(Saved data entries)
-- ===== src/Ipc/Safety.antt =====
-- crates/k0-ipc/src/lib.rs and crates/k0-sched/src/lib.rs: the machine stays sound from one system
-- call to the next, for as long as a task can run.
use k.Base.{
  ℕ, ◌≡◌, refl, sym, ap, ◌∙◌, arith, Bool, true, false, not, ◌==◌, Bool-cases, inl, inr, List, [],
  ◌∷◌,
}
use k.Task.{TaskState, blocked_send, blocked_recv, blocked_call, is_blocked_recv}
use k.Task.Queue.{has}
use k.Sched.{Machine}
use k.Sched.Spec.{Spec, Rep, at_endpoint, s_block_and_switch}
use k.Sched.Refine.{Switched}
use k.Ipc.{wants_nonblock, send_on, recv_on, call_on, reply_recv_on}
use k.Ipc.Spec.{
  s_send_now, s_recv_now, s_call_now, s_wait, s_meet, s_send, s_recv, s_call, s_reply, s_reply_recv,
}
use k.Ipc.Sound.{Sound, is_waiting, Sound-current_home, Sound-owed_home}
use k.Ipc.Steps.{first_waiter_home, first_waiter_nonzero, wait_on-Rep}
use k.Ipc.Refine.{call_now-Rep, send_on-Rep, recv_on-Rep, call_on-Rep, reply_recv_on-Rep, reply-Rep}
use k.Ipc.Away.{set_x0-Tasks}
use k.Ipc.Running.{set_x0-Kept, wait_on-Idle, wait_on-Tasks, block_and_switch-Sound}
use k.Ipc.Invariant.{
  Kept-Sound, reply-Sound, send_now-Sound, recv_now-Sound, call_now-Tasks, call_now-Idle,
}

-- The links and the ends of the queues hold lists of tasks for which `Sound` holds.
abbrev pub IsSound : Machine → Type 0
IsSound m = (a : Spec) × Rep m a × Sound a

module _ {m : Machine} {a : Spec} (s : Sound a) (r : Rep m a) (ctx ep : ℕ) where
  side_nil :
      a.waiting ep ≡ []
      → (b : Bool) (p : ℕ) → a.home p ≡ at_endpoint ep
      → is_blocked_recv (a.tcbs p).state ≡ b
  side_nil e b p h =
      let l : has p (a.waiting ep) ≡ (a.home p == at_endpoint ep) = r.in_waiting ep p in
      let n : has p (a.waiting ep) ≡ false = ap (has p) e in absurd (ground arith)

  side_cons :
      (x : ℕ) (xs : List ℕ) (b : Bool)
      → a.waiting ep ≡ x ∷ xs
      → is_blocked_recv (a.tcbs x).state ≡ b
      → (p : ℕ) → a.home p ≡ at_endpoint ep
      → is_blocked_recv (a.tcbs p).state ≡ b
  side_cons x xs b e q p h =
      let hx = first_waiter_home r ep x xs e in ground (arith, s.tasks.one_sided p x)

  wait-Sound :
      (no_wait : Bool) (t : TaskState)
      → is_waiting t ≡ true
      → ((p : ℕ) → a.home p ≡ at_endpoint ep → is_blocked_recv (a.tcbs p).state ≡ is_blocked_recv t)
      → (s_wait a ctx ep no_wait t).1 ≡ true
      → Sound (s_wait a ctx ep no_wait t).0
  wait-Sound true t waits side done = Kept-Sound s (set_x0-Kept ctx _) (set_x0-Tasks ctx _ s.tasks)
  wait-Sound false t waits side done =
      block_and_switch-Sound (wait_on-Rep r ep t s.current_nonzero (Sound-current_home s))
        (wait_on-Tasks s ep t waits side) (wait_on-Idle s ep t waits) done

  send_with-Sound :
      (xs : List ℕ) (no_wait : Bool)
      → a.waiting ep ≡ xs
      → let b =
          s_meet a is_blocked_recv
            (λ x rest. (s_send_now a ctx ep x rest, true))
            (s_wait a ctx ep no_wait blocked_send)
            xs in
        b.1 ≡ true → Sound b.0
  send_with-Sound [] no_wait e = wait-Sound no_wait blocked_send refl (side_nil e false)
  send_with-Sound (x ∷ xs) no_wait e = elim (Bool-cases (is_blocked_recv (a.tcbs x).state)) [
    | inl recv ↦ rw recv (λ _.
        send_now-Sound s ctx ep x xs (first_waiter_nonzero r ep x xs e)
          (first_waiter_home r ep x xs e))
    | inr send ↦ rw send (wait-Sound no_wait blocked_send refl (side_cons x xs false e send))
  ]

  recv_with-Sound :
      (xs : List ℕ) (no_wait : Bool)
      → a.waiting ep ≡ xs
      → let b =
          s_meet a
            (λ t. not (is_blocked_recv t))
            (λ x rest. (s_recv_now a ctx ep x rest, true))
            (s_wait a ctx ep no_wait blocked_recv)
            xs in
        b.1 ≡ true → Sound b.0
  recv_with-Sound [] no_wait e = wait-Sound no_wait blocked_recv refl (side_nil e true)
  recv_with-Sound (x ∷ xs) no_wait e = elim (Bool-cases (is_blocked_recv (a.tcbs x).state)) [
    | inl recv ↦ rw recv (wait-Sound no_wait blocked_recv refl (side_cons x xs true e recv))
    | inr send ↦ rw send (λ _.
        recv_now-Sound s ctx ep x xs (first_waiter_nonzero r ep x xs e)
          (first_waiter_home r ep x xs e))
  ]

  call_with-Sound :
      (xs : List ℕ) (no_wait : Bool)
      → a.waiting ep ≡ xs
      → let b =
          s_meet a is_blocked_recv
            (λ x rest. s_block_and_switch (s_call_now a ctx ep x rest))
            (s_wait a ctx ep no_wait blocked_call)
            xs in
        b.1 ≡ true → Sound b.0
  call_with-Sound [] no_wait e = wait-Sound no_wait blocked_call refl (side_nil e false)
  call_with-Sound (x ∷ xs) no_wait e = elim (Bool-cases (is_blocked_recv (a.tcbs x).state)) [
    | inl recv ↦
        let nz = first_waiter_nonzero r ep x xs e in
        let home = first_waiter_home r ep x xs e in
        rw recv (
          block_and_switch-Sound (call_now-Rep r ctx ep x xs e (Sound-owed_home s x))
            (call_now-Tasks s ctx ep x xs nz home) (call_now-Idle s ctx ep x xs nz home))
    | inr send ↦ rw send (wait-Sound no_wait blocked_call refl (side_cons x xs false e send))
  ]

module _ (m : Machine) (ctx ep : ℕ) where
  abbrev Kept : Machine × Bool → Type 0
  Kept (n, running) = running ≡ true → IsSound n

  -- The two views of a call agree, and the lists stay sound.
  follow : (b : Machine × Bool) (c : Spec × Bool) → Switched b c → (c.1 ≡ true → Sound c.0) → Kept b
  follow b c (r, same) keep running = (c.0, r, keep (sym same ∙ running))

  -- SEND on an endpoint, by any context, keeps the machine sound if the answer is that a task can
  -- still run: the queues hold lists of distinct tasks, states agree with queues, exactly the current
  -- task runs, and each right to reply has one owner, alive, and one caller that waits for it.
  pub send_on-IsSound : IsSound m → (send_on m ctx ep).1 ≡ true → IsSound (send_on m ctx ep).0
  unfolding s_send
  send_on-IsSound (a, r, s) =
      follow _ _ (send_on-Rep s r ctx ep)
        (send_with-Sound s r ctx ep (a.waiting ep) (wants_nonblock m ctx) refl)

  -- RECV on an endpoint, by any context, keeps the machine sound if the answer is that a task can
  -- still run: the queues hold lists of distinct tasks, states agree with queues, exactly the current
  -- task runs, and each right to reply has one owner, alive, and one caller that waits for it.
  pub recv_on-IsSound : IsSound m → (recv_on m ctx ep).1 ≡ true → IsSound (recv_on m ctx ep).0
  unfolding s_recv
  recv_on-IsSound (a, r, s) =
      follow _ _ (recv_on-Rep s r ctx ep)
        (recv_with-Sound s r ctx ep (a.waiting ep) (wants_nonblock m ctx) refl)

  -- CALL on an endpoint, by any context, keeps the machine sound if the answer is that a task can
  -- still run: the queues hold lists of distinct tasks, states agree with queues, exactly the current
  -- task runs, and each right to reply has one owner, alive, and one caller that waits for it.
  pub call_on-IsSound : IsSound m → (call_on m ctx ep).1 ≡ true → IsSound (call_on m ctx ep).0
  unfolding s_call
  call_on-IsSound (a, r, s) =
      follow _ _ (call_on-Rep s r ctx ep)
        (call_with-Sound s r ctx ep (a.waiting ep) (wants_nonblock m ctx) refl)

  -- REPLY_RECV on an endpoint, by any context, keeps the machine sound if the answer is that a task can
  -- still run: the queues hold lists of distinct tasks, states agree with queues, exactly the current
  -- task runs, and each right to reply has one owner, alive, and one caller that waits for it.
  pub reply_recv_on-IsSound :
      IsSound m → (reply_recv_on m ctx ep).1 ≡ true → IsSound (reply_recv_on m ctx ep).0
  unfolding s_reply_recv s_recv
  reply_recv_on-IsSound (a, r, s) =
      let b = s_reply a ctx in
      follow _ _ (reply_recv_on-Rep s r ctx ep) (
        recv_with-Sound (reply-Sound ctx s) (reply-Rep ctx r (Sound-owed_home s a.current)) ctx ep
          (b.waiting ep) (wants_nonblock m ctx) refl)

What you should do:
Transcribe the records above from the line holding "ep ≡ x ∷ xs" down to the line holding "wait-Sound true t", inclusive, without adding anything.

Output of the exercise:
      → a.waiting ep ≡ x ∷ xs
      → is_blocked_recv (a.tcbs x).state ≡ b
      → (p : ℕ) → a.home p ≡ at_endpoint ep
      → is_blocked_recv (a.tcbs p).state ≡ b
  side_cons x xs b e q p h =
      let hx = first_waiter_home r ep x xs e in ground (arith, s.tasks.one_sided p x)

  wait-Sound :
      (no_wait : Bool) (t : TaskState)
      → is_waiting t ≡ true
      → ((p : ℕ) → a.home p ≡ at_endpoint ep → is_blocked_recv (a.tcbs p).state ≡ is_blocked_recv t)
      → (s_wait a ctx ep no_wait t).1 ≡ true
      → Sound (s_wait a ctx ep no_wait t).0
  wait-Sound true t waits side done = Kept-Sound s (set_x0-Kept ctx _) (set_x0-Tasks ctx _ s.tasks)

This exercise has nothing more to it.